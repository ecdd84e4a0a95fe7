-- ===== src/Http/Complete/Tests.antt =====
-- The theorem on whole files at a concrete input.
use download_wrapper.Base.{ℕ, zero, suc, ◌<◌, ◌≡◌, refl, true, false, [], ◌∷◌, List, length, arith}
use download_wrapper.Base.Int.{ℤ, pos, ◌≤ℤ◌, ◌+ℤ◌, ◌-ℤ◌, ◌*ℤ◌, ◌/ℤ◌}
use download_wrapper.Text.{codes}
use download_wrapper.Http.Task.{TaskCtx, part_at, task_create_new}
use download_wrapper.Http.Split.{
  split, wanted_parts, first_size, adjusted_parts, first_part, next_part, next_parts, laid_out,
}
use download_wrapper.Http.Write.{
  Disk, WriteAnswer, pwrite, write_length, write_part, stored, received, write_cb,
}
use download_wrapper.Http.Complete.{Call, write_all, IsGenuine}
use download_wrapper.Http.Complete.Whole.{write_all-split}

abbrev sevens : ℤ → ℕ
sevens k = 7

-- A file of three bytes, which is one part.
abbrev laid : TaskCtx
laid = record (task_create_new (codes "u") (codes "c") (codes "/d")) {
  probing = false;
  parts = split (pos 1) (pos 2) (pos 3);
}

abbrev well : WriteAnswer
well = record { file_exists = true; errno = 0; landed = 0 }

-- The first write fails halfway; the last call brings more than the part lacks.
abbrev calls : List Call
calls =
    record { index = 0; bytes = 7 ∷ 7 ∷ []; answer = record well { errno = 28; landed = 1 } }
    ∷ record { index = 0; bytes = 7 ∷ []; answer = well }
    ∷ record { index = 0; bytes = 7 ∷ 7 ∷ 7 ∷ []; answer = well }
    ∷ []

abbrev no_probe : TaskCtx → TaskCtx
no_probe t = t

abbrev empty : Disk
empty k = 0

calls-IsGenuine : IsGenuine sevens no_probe calls laid empty
unfolding task_create_new write_all write_cb received write_part write_length stored pwrite split
    wanted_parts first_size adjusted_parts laid_out first_part next_parts next_part ◌+ℤ◌ ◌-ℤ◌ ◌*ℤ◌
    ◌/ℤ◌
calls-IsGenuine = (
  omega arith,
  (refl, (refl, tt)),
  (omega arith, (refl, tt), (omega arith, (refl, (refl, (refl, tt))), tt)),
)

all_full :
    (i : ℕ)
    → i < length (write_all no_probe calls laid empty).0.parts
    → (part_at (write_all no_probe calls laid empty).0 i).size
      ≤ℤ (part_at (write_all no_probe calls laid empty).0 i).done
unfolding task_create_new write_all write_cb received write_part write_length stored pwrite split
    wanted_parts first_size adjusted_parts laid_out first_part next_parts next_part ◌+ℤ◌ ◌-ℤ◌ ◌*ℤ◌
    ◌/ℤ◌
all_full zero h = omega arith
all_full (suc i) h = absurd (omega arith)

write_all-split_example : (write_all no_probe calls laid empty).1 (pos 2) ≡ sevens (pos 2)
write_all-split_example =
    write_all-split sevens (pos 1) (pos 2) 3 (omega arith) laid empty refl refl no_probe calls
      calls-IsGenuine all_full (pos 2) (omega arith) (omega arith)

**REQUIREMENT:**
In full and verbatim, repeat the records given above.

**THE ANSWER:**
repository ecdd84e4a0a95fe7
-- ===== src/Http/Complete/Tests.antt =====
-- The theorem on whole files at a concrete input.
use download_wrapper.Base.{ℕ, zero, suc, ◌<◌, ◌≡◌, refl, true, false, [], ◌∷◌, List, length, arith}
use download_wrapper.Base.Int.{ℤ, pos, ◌≤ℤ◌, ◌+ℤ◌, ◌-ℤ◌, ◌*ℤ◌, ◌/ℤ◌}
use download_wrapper.Text.{codes}
use download_wrapper.Http.Task.{TaskCtx, part_at, task_create_new}
use download_wrapper.Http.Split.{
  split, wanted_parts, first_size, adjusted_parts, first_part, next_part, next_parts, laid_out,
}
use download_wrapper.Http.Write.{
  Disk, WriteAnswer, pwrite, write_length, write_part, stored, received, write_cb,
}
use download_wrapper.Http.Complete.{Call, write_all, IsGenuine}
use download_wrapper.Http.Complete.Whole.{write_all-split}

abbrev sevens : ℤ → ℕ
sevens k = 7

-- A file of three bytes, which is one part.
abbrev laid : TaskCtx
laid = record (task_create_new (codes "u") (codes "c") (codes "/d")) {
  probing = false;
  parts = split (pos 1) (pos 2) (pos 3);
}

abbrev well : WriteAnswer
well = record { file_exists = true; errno = 0; landed = 0 }

-- The first write fails halfway; the last call brings more than the part lacks.
abbrev calls : List Call
calls =
    record { index = 0; bytes = 7 ∷ 7 ∷ []; answer = record well { errno = 28; landed = 1 } }
    ∷ record { index = 0; bytes = 7 ∷ []; answer = well }
    ∷ record { index = 0; bytes = 7 ∷ 7 ∷ 7 ∷ []; answer = well }
    ∷ []

abbrev no_probe : TaskCtx → TaskCtx
no_probe t = t

abbrev empty : Disk
empty k = 0

calls-IsGenuine : IsGenuine sevens no_probe calls laid empty
unfolding task_create_new write_all write_cb received write_part write_length stored pwrite split
    wanted_parts first_size adjusted_parts laid_out first_part next_parts next_part ◌+ℤ◌ ◌-ℤ◌ ◌*ℤ◌
    ◌/ℤ◌
calls-IsGenuine = (
  omega arith,
  (refl, (refl, tt)),
  (omega arith, (refl, tt), (omega arith, (refl, (refl, (refl, tt))), tt)),
)

all_full :
    (i : ℕ)
    → i < length (write_all no_probe calls laid empty).0.parts
    → (part_at (write_all no_probe calls laid empty).0 i).size
      ≤ℤ (part_at (write_all no_probe calls laid empty).0 i).done
unfolding task_create_new write_all write_cb received write_part write_length stored pwrite split
    wanted_parts first_size adjusted_parts laid_out first_part next_parts next_part ◌+ℤ◌ ◌-ℤ◌ ◌*ℤ◌
    ◌/ℤ◌
all_full zero h = omega arith
all_full (suc i) h = absurd (omega arith)

write_all-split_example : (write_all no_probe calls laid empty).1 (pos 2) ≡ sevens (pos 2)
write_all-split_example =
    write_all-split sevens (pos 1) (pos 2) 3 (omega arith) laid empty refl refl no_probe calls
      calls-IsGenuine all_full (pos 2) (omega arith) (omega arith)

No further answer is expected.